# Experience with the Mirge radio



## bones boy (Aug 25, 2007)

Does anyone here have any experience with the Mirge radio - most specifically with the FM modulator? I am holding on for dear life to my 4 year old Sirius Sporster with the powerful FM modulator that gets Sirius at 87.7 on all my terrestrial radios in the house. 

I would imagine that the modulator on the new radio is woefully underpowered. Is that indeed the case?


----------



## joebbaseball (Aug 25, 2005)

Does anyone even have any experience with the Mirge at all? I'm getting one because I thought I could use it with all my sportster 5 accessories, now I'm worried that isn't the case. Is there a special antenna for it?
Joe


----------



## I WANT MORE (Oct 3, 2006)

joebbaseball said:


> Does anyone even have any experience with the Mirge at all? I'm getting one because I thought I could use it with all my sportster 5 accessories, now I'm worried that isn't the case. Is there a special antenna for it?
> Joe


I would love an answer to this also.


----------



## cowboy620 (Mar 4, 2009)

i just ordered the mirge yesterday. i will be able answer all your questions once i get it.i have three delphi units. two skyfi 2'S one DELPHI audiovox, XPRESS RC unit,

i can't wait to recive the radio. i love my xm. i was a little disappointed when they replaced xm 10 with the roadhouse. a friend of mine was the music director for xm, and had a morning show on america 10. 

the reason for getting the new radio was for me to be able to listen to the nascar channel, it's supposed to be on xm 128 but is not.

i am installing the mirge in my 2005 ford escape hybrid. and will be using the fm transmitter, as i have the factory nav in the truck. but only use it for the mpg readout, ev motor battery pack readout. or, i would install a pioneer in that truck with a pio adaptor directly connected to the back of the radio, via the cd changer connection. to directly connect the mirge to it.
the delphj skyfi sucks. the fm transmitter is weak!. i have the radio mounted in the drink holder. and i get station override in certain spots. the radio is only about 1.5 to 2ft away. i will test the mirge before i install the sur connect. to see how the fm transmitter works first.

i have a 2000 explorer with a pioneer in it, with the pio adaptor. connected to the express rc. thats really the way to do it , if you can..

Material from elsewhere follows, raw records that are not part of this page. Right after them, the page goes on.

-- ===== src/Redis/Sharing.antt =====
-- The pools of crates/redis-web-runtime/src/redis.rs under concurrency: whatever the order in which the
-- tasks run, there is one pool for each database.
use redis_web.Prelude.{
  ℕ, ◌+◌, true, false, Option, none, some, List, [], ◌∷◌, ◌==◌, ==_cases, ==_refl, if◌then◌else◌,
  ok, err, ◌≡◌, ◌≢◌, refl, sym, ap, ◌∙◌, subst, ◌⊎◌, inl, inr, arith, Bool-cases, Option-cases,
  Result-cases, unwrap_or,
}
use redis_web.Config.Settings.{Config}
use redis_web.Redis.Pools.{
  RedisPool, find_pool, or_insert, DatabasePoolRegistry, new_registry, Pooling, create_pool,
  create_pool_for_database, store_pool, Phase, started, reading, missed, created, writing, returned,
  World, set_phase, can_read, can_write, drop_reader, advance, advance_from, read_lock, run,
}

-- The abstract view of a registry: the pool of a database, once it has one.
unfoldable pub bound_pool : DatabasePoolRegistry → ℕ → Option RedisPool
bound_pool r d =
    if d == r.default_database then some r.default_pool else find_pool d r.pools_by_database

-- a pool is only ever the answer for its own database
abbrev pub IsWell : DatabasePoolRegistry → Type 0
IsWell r = (d : ℕ) (p : RedisPool) → bound_pool r d ≡ some p → p.database ≡ d

-- an answer, once given, stays
abbrev pub Extends : DatabasePoolRegistry → DatabasePoolRegistry → Type 0
Extends r r' =
    (r'.default_database ≡ r.default_database)
    × ((d : ℕ) (p : RedisPool) → bound_pool r d ≡ some p → bound_pool r' d ≡ some p)

some-inj {ℓ} : {A : Type ℓ} (a b : A) → some a ≡ some b → a ≡ b
some-inj a b h = ap (λ o. unwrap_or o a) h

-- Behind the write lock: what the task gets is the answer from then on.
module _ (d : ℕ) (p : RedisPool) (r : DatabasePoolRegistry)
    (other : (d == r.default_database) ≡ false) where
  abbrev added : DatabasePoolRegistry
  added = record r { pools_by_database = (d, p) ∷ r.pools_by_database }

  answer_added : (e : ℕ) → bound_pool added e ≡ (if d == e then some p else bound_pool r e)
  unfolding bound_pool find_pool
  answer_added e = elim (==_cases d e) [
    | inl (y, eq) ↦ rw (sym (ap (λ x. x == r.default_database) eq), other, y) refl
    | inr (n, _) ↦ rw (n) refl
  ]

  store_pool-cases :
      ((find_pool d r.pools_by_database ≡ none) × (store_pool d p r ≡ (p, added)))
      ⊎ ((q : RedisPool) × ((bound_pool r d ≡ some q) × (store_pool d p r ≡ (q, r))))
  unfolding store_pool or_insert bound_pool
  store_pool-cases = elim (Option-cases (find_pool d r.pools_by_database)) [
    | inl e ↦ inl (e, rw (e) refl)
    | inr (q, e) ↦ inr (q, (rw (other) e, rw (e) refl))
  ]

  store_pool_answer : bound_pool (store_pool d p r).1 d ≡ some ((store_pool d p r).0)
  store_pool_answer = elim store_pool-cases [
    | inl (_, e) ↦ rw (e, answer_added d, ==_refl d) refl
    | inr (q, (a, e)) ↦ rw (e) a
  ]

  answer_none : find_pool d r.pools_by_database ≡ none → bound_pool r d ≡ none
  unfolding bound_pool
  answer_none n = rw (other) n

  pub store_pool-Extends : Extends r (store_pool d p r).1
  store_pool-Extends = elim store_pool-cases [
    | inl (n, e) ↦ rw (e) (
      refl,
      λ f q h. rw (answer_added f) (elim (==_cases d f) [
        | inl (_, eq) ↦ cc (h, answer_none n, ap (bound_pool r) eq)
        | inr (ne, _) ↦ rw (ne) h
      ]),
    )
    | inr (q, (_, e)) ↦ rw (e) (refl, λ _ _ h. h)
  ]

  pub store_pool-IsWell : p.database ≡ d → IsWell r → IsWell (store_pool d p r).1
  store_pool-IsWell own well = elim store_pool-cases [
    | inl (n, e) ↦ rw (e) (λ f q h. new f q (==_cases d f) (sym (answer_added f) ∙ h))
    | inr (q, (_, e)) ↦ rw (e) well
  ]
    where
      new :
          (f : ℕ) (q : RedisPool)
          → (((d == f) ≡ true) × (d ≡ f)) ⊎ (((d == f) ≡ false) × (d ≢ f))
          → (if d == f then some p else bound_pool r f) ≡ some q
          → q.database ≡ f
      new f q (inl (y, eq)) h =
          ap (λ x. x.database) (some-inj q p (sym h ∙ rw (y) refl)) ∙ (own ∙ eq)
      new f q (inr (n, _)) h = well f q (ap (λ b. if b then some p else bound_pool r f) (sym n) ∙ h)

-- What is known of a task that asks for database `d`.
abbrev pub Fits : DatabasePoolRegistry → ℕ → Phase → Type 0
Fits r d started = Unit
Fits r d reading = (d == r.default_database) ≡ false
Fits r d missed = (d == r.default_database) ≡ false
Fits r d (created p) = ((d == r.default_database) ≡ false) × (p.database ≡ d)
Fits r d (writing p) = ((d == r.default_database) ≡ false) × (p.database ≡ d)
Fits r d (returned (err e)) = Unit
Fits r d (returned (ok p)) = bound_pool r d ≡ some p

Fits-later :
    (r r' : DatabasePoolRegistry) (d : ℕ) (ph : Phase) → Extends r r' → Fits r d ph → Fits r' d ph
Fits-later r r' d started ext h = _
Fits-later r r' d reading (same, _) h = rw (same) h
Fits-later r r' d missed (same, _) h = rw (same) h
Fits-later r r' d (created p) (same, _) (h, own) = (rw (same) h, own)
Fits-later r r' d (writing p) (same, _) (h, own) = (rw (same) h, own)
Fits-later r r' d (returned (err e)) ext h = _
Fits-later r r' d (returned (ok p)) (_, ext) h = ext d p h

-- a creation changes the number of pools made only
pub made_Extends : (r : DatabasePoolRegistry) (n : ℕ) → Extends r (record r { made = n })
unfolding bound_pool
made_Extends r n = (refl, λ _ _ h. h)

pub made_IsWell : (r : DatabasePoolRegistry) (n : ℕ) → IsWell r → IsWell (record r { made = n })
unfolding bound_pool
made_IsWell r n h = h

default_bound :
    (r : DatabasePoolRegistry) (d : ℕ)
    → (d == r.default_database) ≡ true
    → bound_pool r d ≡ some r.default_pool
unfolding bound_pool
default_bound r d y = rw (y) refl

looked_up :
    (r : DatabasePoolRegistry) (d : ℕ)
    → (d == r.default_database) ≡ false
    → Fits r d (read_lock (find_pool d r.pools_by_database))
unfolding bound_pool
looked_up r d n = elim (Option-cases (find_pool d r.pools_by_database)) [
  | inl e ↦ rw (e) n
  | inr (p, e) ↦ rw (e, n) e
]

pub new_registry-IsWell :
    (config : Config) (default_pool : RedisPool) (made : ℕ)
    → default_pool.database ≡ config.database
    → IsWell (new_registry config default_pool made)
unfolding new_registry bound_pool find_pool
new_registry-IsWell config default_pool made own d p h = elim (==_cases d config.database) [
  | inl (y, eq) ↦
      ap (λ x. x.database)
        (some-inj p default_pool (sym h ∙ ap (λ b. if b then some default_pool else none) y))
      ∙ (own ∙ sym eq)
  | inr (n, _) ↦ cc (h, n)
]

module _ (pooling : Pooling) (request : ℕ → ℕ) where
  pub create_pool-database :
      (config : Config) (id : ℕ) (p : RedisPool)
      → create_pool pooling config id ≡ ok p
      → p.database ≡ config.database
  unfolding create_pool
  create_pool-database config id p h = ground arith

  abbrev pub IsConsistent : World → Type 0
  IsConsistent w = IsWell w.registry × ((i : ℕ) → Fits w.registry (request i) (w.phase i))

  -- one task and the registry change
  step_lem :
      (i : ℕ) (ph : Phase) (r : DatabasePoolRegistry) (readers : List ℕ) (writer : Option ℕ)
      (w : World)
      → IsConsistent w
      → IsWell r
      → Extends w.registry r
      → Fits r (request i) ph
      → IsConsistent
          (set_phase i ph (record w { registry = r; readers = readers; writer = writer }))
  step_lem i ph r readers writer w (_, fits) well ext h = (
    well,
    λ j. elim (==_cases i j) [
      | inl (y, eq) ↦ rw (y) (subst (λ x. Fits r (request x) ph) eq h)
      | inr (n, _) ↦ rw (n) (Fits-later w.registry r (request j) (w.phase j) ext (fits j))
    ],
  )

  pub advance-IsConsistent :
      (i : ℕ) (w : World) → IsConsistent w → IsConsistent (advance pooling request i w)
  unfolding advance create_pool_for_database
  advance-IsConsistent i w h = go (w.phase i) refl
    where
      for_database :
          (w : World) (p : RedisPool)
          → create_pool_for_database pooling w.registry.base_config (request i) w.registry.made
            ≡ ok p
          → p.database ≡ request i
      for_database w p f = create_pool-database _ w.registry.made p f

      go : (ph : Phase) → w.phase i ≡ ph → IsConsistent (advance_from pooling i (request i) ph w)
      go started e = elim (Bool-cases (request i == w.registry.default_database)) [
        | inl y ↦ rw (y) (
            step_lem i (returned (ok w.registry.default_pool)) w.registry w.readers w.writer w h h.0
              (refl, λ _ _ x. x) (default_bound w.registry (request i) y))
        | inr n ↦ elim (Bool-cases (can_read w.writer)) [
          | inl free ↦
              rw (n, free)
                (step_lem i reading w.registry (i ∷ w.readers) w.writer w h h.0 (refl, λ _ _ x. x)
                  n)
          | inr taken ↦ rw (n, taken) h
        ]
      ]
      go reading e =
          step_lem i _ w.registry (drop_reader i w.readers) w.writer w h h.0 (refl, λ _ _ x. x)
            (looked_up w.registry (request i) (subst (Fits w.registry (request i)) e (h.1 i)))
      go missed e =
          elim (Result-cases
            (create_pool_for_database pooling w.registry.base_config (request i) w.registry.made)) [
              | inl (m, f) ↦
                  rw (f) (step_lem i _ w.registry w.readers w.writer w h h.0 (refl, λ _ _ x. x) _)
              | inr (p, f) ↦ rw (f) (
                  step_lem i (created p) (record (w.registry) { made = w.registry.made + 1 })
                    w.readers w.writer w h (made_IsWell w.registry _ h.0)
                    (made_Extends w.registry _)
                    (subst (Fits w.registry (request i)) e (h.1 i), for_database w p f))
            ]
      go (created p) e = elim (Bool-cases (can_write w.readers w.writer)) [
        | inl free ↦ rw (free) (
            step_lem i (writing p) w.registry w.readers (some i) w h h.0 (refl, λ _ _ x. x)
              (subst (Fits w.registry (request i)) e (h.1 i)))
        | inr taken ↦ rw (taken) h
      ]
      go (writing p) e =
          let (other, own) = subst (Fits w.registry (request i)) e (h.1 i) in
          step_lem i _ (store_pool (request i) p w.registry).1 w.readers none w h
            (store_pool-IsWell (request i) p w.registry other own h.0)
            (store_pool-Extends (request i) p w.registry other)
            (store_pool_answer (request i) p w.registry other)
      go (returned p) e = h

  pub run-IsConsistent :
      (schedule : List ℕ) (w : World)
      → IsConsistent w
      → IsConsistent (run pooling request schedule w)
  unfolding run
  run-IsConsistent [] w h = h
  run-IsConsistent (i ∷ schedule) w h =
      run-IsConsistent schedule (advance pooling request i w) (advance-IsConsistent i w h)

  -- every task before its first piece
  abbrev pub opening : DatabasePoolRegistry → World
  opening r = record { registry = r; phase = λ i. started; readers = []; writer = none }

  -- Whatever the order in which the tasks run: a task that got a pool has the one that the registry
  -- holds for its database, a pool made for that database, and so any two tasks with the same
  -- database have the same pool, also if both had found none and created one. The default pool is
  -- that of the configured database.
  pub pool_for_database_refines :
      (config : Config) (default_pool : RedisPool) (made : ℕ) (schedule : List ℕ)
      → default_pool.database ≡ config.database
      → (i j : ℕ) (p q : RedisPool)
      → (run pooling request schedule (opening (new_registry config default_pool made))).phase i
        ≡ returned (ok p)
      → (run pooling request schedule (opening (new_registry config default_pool made))).phase j
        ≡ returned (ok q)
      → request i ≡ request j
      → (p ≡ q)
        × ((p.database ≡ request i)
            × (bound_pool
                  (run pooling request schedule
                    (opening (new_registry config default_pool made))).registry
                  (request i)
                ≡ some p))
  pool_for_database_refines config default_pool made schedule own i j p q hp hq same =
      let w = run pooling request schedule (opening (new_registry config default_pool made)) in
      let (well, fits) =
        run-IsConsistent schedule _ (new_registry-IsWell config default_pool made own, λ _. _) in
      let ap_i = subst (Fits w.registry (request i)) hp (fits i) in
      let ap_j = subst (Fits w.registry (request j)) hq (fits j) in
      (
        some-inj p q (sym ap_i ∙ (ap (bound_pool w.registry) same ∙ ap_j)),
        (well (request i) p ap_i, ap_i),
      )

xm said it would take 5-7 days for ground shipping. it was free shipping. so i paid $229.00 after the $20.00 instant rebate for the radio, $9.95 for the sur connect , and they grabbed me for for tax $12.00 total. $251.00.:hurah: 

i'll keep you informed once i get it, should be here no later than next monday.. xm's shipping is usually quick. i'll see..


----------



## joebbaseball (Aug 25, 2005)

I WANT MORE said:


> I would love an answer to this also.


I finally got the Mirge in the mail last Friday. It took 8 days to get it! Anyway, it just gets worse for me. The Mirge did not work in any of my Sirius equipment! None of it. Two car kits, boombox, and home kit. Then the worst of it was xm didn't let me mail it back. Finally after talking with 3 csr's for about two hours one finally said we could take the radio back if you bought another one of our radios. Since I was in the process of selling off my Sirius equipment and was in the market for xm radios i accepted their offer, even though it was bs. I could have got that radio at a much cheaper rate, but like i said, I had to go through xm and set up an account. Been a long week to say the least. The best part was they said i couldnt return the radio because it was a promotion for xm subscribers. I'm wasn't even a subscriber! Not to mention the whole process started with Sirius saying they couldn't sell the radio and I have to order through XM. Then XM says they can sell the radio, but they don't sell the plan that includes both services and that I had to sign up for Sirius to do that!
Just crazy.
Joe


----------



## I WANT MORE (Oct 3, 2006)

As much as I would love to be able to get the MLB games I think I will just sit tight. Too many unanswered questions right now. Thanks for the info.


----------



## cowboy620 (Mar 4, 2009)

i will keep and use the radio. the thing i'm disapointed in is i have a xm account and i have to sign up with sirus. i have three radio's with xm. i will be deactivating one to activate the mirgeso i will have to have two accounts. to keep t5he other radios active. 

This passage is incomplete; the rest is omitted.